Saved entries

........

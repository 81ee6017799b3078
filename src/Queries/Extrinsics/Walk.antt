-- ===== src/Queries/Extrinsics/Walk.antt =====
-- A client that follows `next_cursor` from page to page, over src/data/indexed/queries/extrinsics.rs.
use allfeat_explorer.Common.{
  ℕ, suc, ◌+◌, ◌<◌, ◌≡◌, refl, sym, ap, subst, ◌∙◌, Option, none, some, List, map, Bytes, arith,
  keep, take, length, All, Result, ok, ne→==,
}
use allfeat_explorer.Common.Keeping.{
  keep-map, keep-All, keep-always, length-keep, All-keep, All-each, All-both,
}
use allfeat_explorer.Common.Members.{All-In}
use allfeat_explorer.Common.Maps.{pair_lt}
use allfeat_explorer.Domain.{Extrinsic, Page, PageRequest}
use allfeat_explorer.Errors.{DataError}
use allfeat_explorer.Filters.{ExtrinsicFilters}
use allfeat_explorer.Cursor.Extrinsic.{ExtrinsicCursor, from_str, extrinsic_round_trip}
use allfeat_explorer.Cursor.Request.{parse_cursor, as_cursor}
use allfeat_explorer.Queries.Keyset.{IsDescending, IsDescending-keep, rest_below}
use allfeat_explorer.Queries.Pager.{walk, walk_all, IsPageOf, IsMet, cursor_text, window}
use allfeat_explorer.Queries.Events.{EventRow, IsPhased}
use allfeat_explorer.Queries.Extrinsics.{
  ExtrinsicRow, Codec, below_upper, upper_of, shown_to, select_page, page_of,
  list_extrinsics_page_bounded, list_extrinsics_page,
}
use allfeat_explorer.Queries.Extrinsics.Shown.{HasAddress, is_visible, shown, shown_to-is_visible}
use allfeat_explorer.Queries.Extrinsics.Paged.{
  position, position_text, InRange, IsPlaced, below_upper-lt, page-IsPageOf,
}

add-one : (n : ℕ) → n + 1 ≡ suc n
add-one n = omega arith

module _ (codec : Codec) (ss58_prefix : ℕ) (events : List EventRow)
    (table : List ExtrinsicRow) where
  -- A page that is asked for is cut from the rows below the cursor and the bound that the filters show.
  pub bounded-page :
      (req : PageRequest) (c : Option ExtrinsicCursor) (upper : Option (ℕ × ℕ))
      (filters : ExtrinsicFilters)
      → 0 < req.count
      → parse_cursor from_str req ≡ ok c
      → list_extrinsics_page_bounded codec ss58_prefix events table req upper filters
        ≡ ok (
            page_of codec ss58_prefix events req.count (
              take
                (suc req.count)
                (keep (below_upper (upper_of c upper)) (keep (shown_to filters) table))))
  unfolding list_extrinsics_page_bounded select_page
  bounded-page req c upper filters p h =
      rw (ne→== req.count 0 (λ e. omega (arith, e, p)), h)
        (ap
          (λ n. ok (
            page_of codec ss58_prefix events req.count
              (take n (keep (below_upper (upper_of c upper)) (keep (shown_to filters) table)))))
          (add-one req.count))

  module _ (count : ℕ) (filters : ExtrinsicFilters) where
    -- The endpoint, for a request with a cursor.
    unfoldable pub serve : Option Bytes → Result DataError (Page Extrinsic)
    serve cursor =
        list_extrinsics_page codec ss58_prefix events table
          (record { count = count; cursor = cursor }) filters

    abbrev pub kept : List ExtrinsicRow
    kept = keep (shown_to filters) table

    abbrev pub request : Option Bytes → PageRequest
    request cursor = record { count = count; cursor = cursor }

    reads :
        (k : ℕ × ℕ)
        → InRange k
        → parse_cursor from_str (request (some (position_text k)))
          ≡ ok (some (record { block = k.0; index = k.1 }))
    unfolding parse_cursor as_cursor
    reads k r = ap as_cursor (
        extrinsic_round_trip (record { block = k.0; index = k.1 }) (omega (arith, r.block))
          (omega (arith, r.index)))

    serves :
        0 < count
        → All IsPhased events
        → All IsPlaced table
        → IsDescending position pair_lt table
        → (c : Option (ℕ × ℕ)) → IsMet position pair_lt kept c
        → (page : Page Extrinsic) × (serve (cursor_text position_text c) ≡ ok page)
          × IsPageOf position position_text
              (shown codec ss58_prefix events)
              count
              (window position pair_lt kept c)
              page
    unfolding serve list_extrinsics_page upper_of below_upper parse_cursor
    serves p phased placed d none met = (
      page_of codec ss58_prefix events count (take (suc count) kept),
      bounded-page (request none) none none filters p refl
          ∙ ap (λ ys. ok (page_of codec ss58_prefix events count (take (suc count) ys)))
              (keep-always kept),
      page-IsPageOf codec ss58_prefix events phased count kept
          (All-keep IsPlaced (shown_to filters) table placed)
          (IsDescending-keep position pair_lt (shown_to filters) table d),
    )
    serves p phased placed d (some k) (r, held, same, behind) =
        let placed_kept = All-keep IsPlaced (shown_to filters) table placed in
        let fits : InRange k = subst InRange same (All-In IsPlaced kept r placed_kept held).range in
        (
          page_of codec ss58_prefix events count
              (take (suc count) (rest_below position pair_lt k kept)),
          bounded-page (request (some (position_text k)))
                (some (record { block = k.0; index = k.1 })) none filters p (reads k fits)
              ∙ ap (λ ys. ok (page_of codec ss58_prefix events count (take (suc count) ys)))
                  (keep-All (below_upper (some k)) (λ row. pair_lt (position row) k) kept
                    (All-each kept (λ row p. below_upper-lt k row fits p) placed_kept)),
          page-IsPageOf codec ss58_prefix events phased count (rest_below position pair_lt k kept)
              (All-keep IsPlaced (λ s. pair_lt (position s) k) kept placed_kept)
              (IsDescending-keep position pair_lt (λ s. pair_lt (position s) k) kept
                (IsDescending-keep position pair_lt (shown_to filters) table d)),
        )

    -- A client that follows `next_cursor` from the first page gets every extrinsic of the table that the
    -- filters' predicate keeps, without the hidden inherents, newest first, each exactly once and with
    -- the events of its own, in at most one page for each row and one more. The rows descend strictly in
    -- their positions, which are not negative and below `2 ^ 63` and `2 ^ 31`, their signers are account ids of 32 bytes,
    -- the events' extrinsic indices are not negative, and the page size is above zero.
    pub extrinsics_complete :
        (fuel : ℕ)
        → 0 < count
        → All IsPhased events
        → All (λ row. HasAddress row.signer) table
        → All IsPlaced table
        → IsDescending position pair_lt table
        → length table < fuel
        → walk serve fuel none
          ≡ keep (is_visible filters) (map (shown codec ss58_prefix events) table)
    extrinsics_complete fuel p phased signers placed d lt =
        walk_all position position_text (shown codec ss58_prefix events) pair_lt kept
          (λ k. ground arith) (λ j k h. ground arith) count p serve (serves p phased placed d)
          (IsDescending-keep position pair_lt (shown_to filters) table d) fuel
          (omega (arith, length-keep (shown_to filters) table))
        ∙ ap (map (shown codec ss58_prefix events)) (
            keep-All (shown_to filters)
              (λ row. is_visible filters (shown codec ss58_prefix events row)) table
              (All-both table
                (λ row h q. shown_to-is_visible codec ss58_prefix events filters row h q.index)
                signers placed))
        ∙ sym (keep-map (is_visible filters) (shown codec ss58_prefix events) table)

........

■ What the task requires:
Look above for the line with "bounded-page (request none)" and the line with "page-IsPageOf codec ss58_prefix events phased count kept"; transcribe both and all lines in between, exactly, and nothing else.

■ Reply:
      bounded-page (request none) none none filters p refl
          ∙ ap (λ ys. ok (page_of codec ss58_prefix events count (take (suc count) ys)))
              (keep-always kept),
      page-IsPageOf codec ss58_prefix events phased count kept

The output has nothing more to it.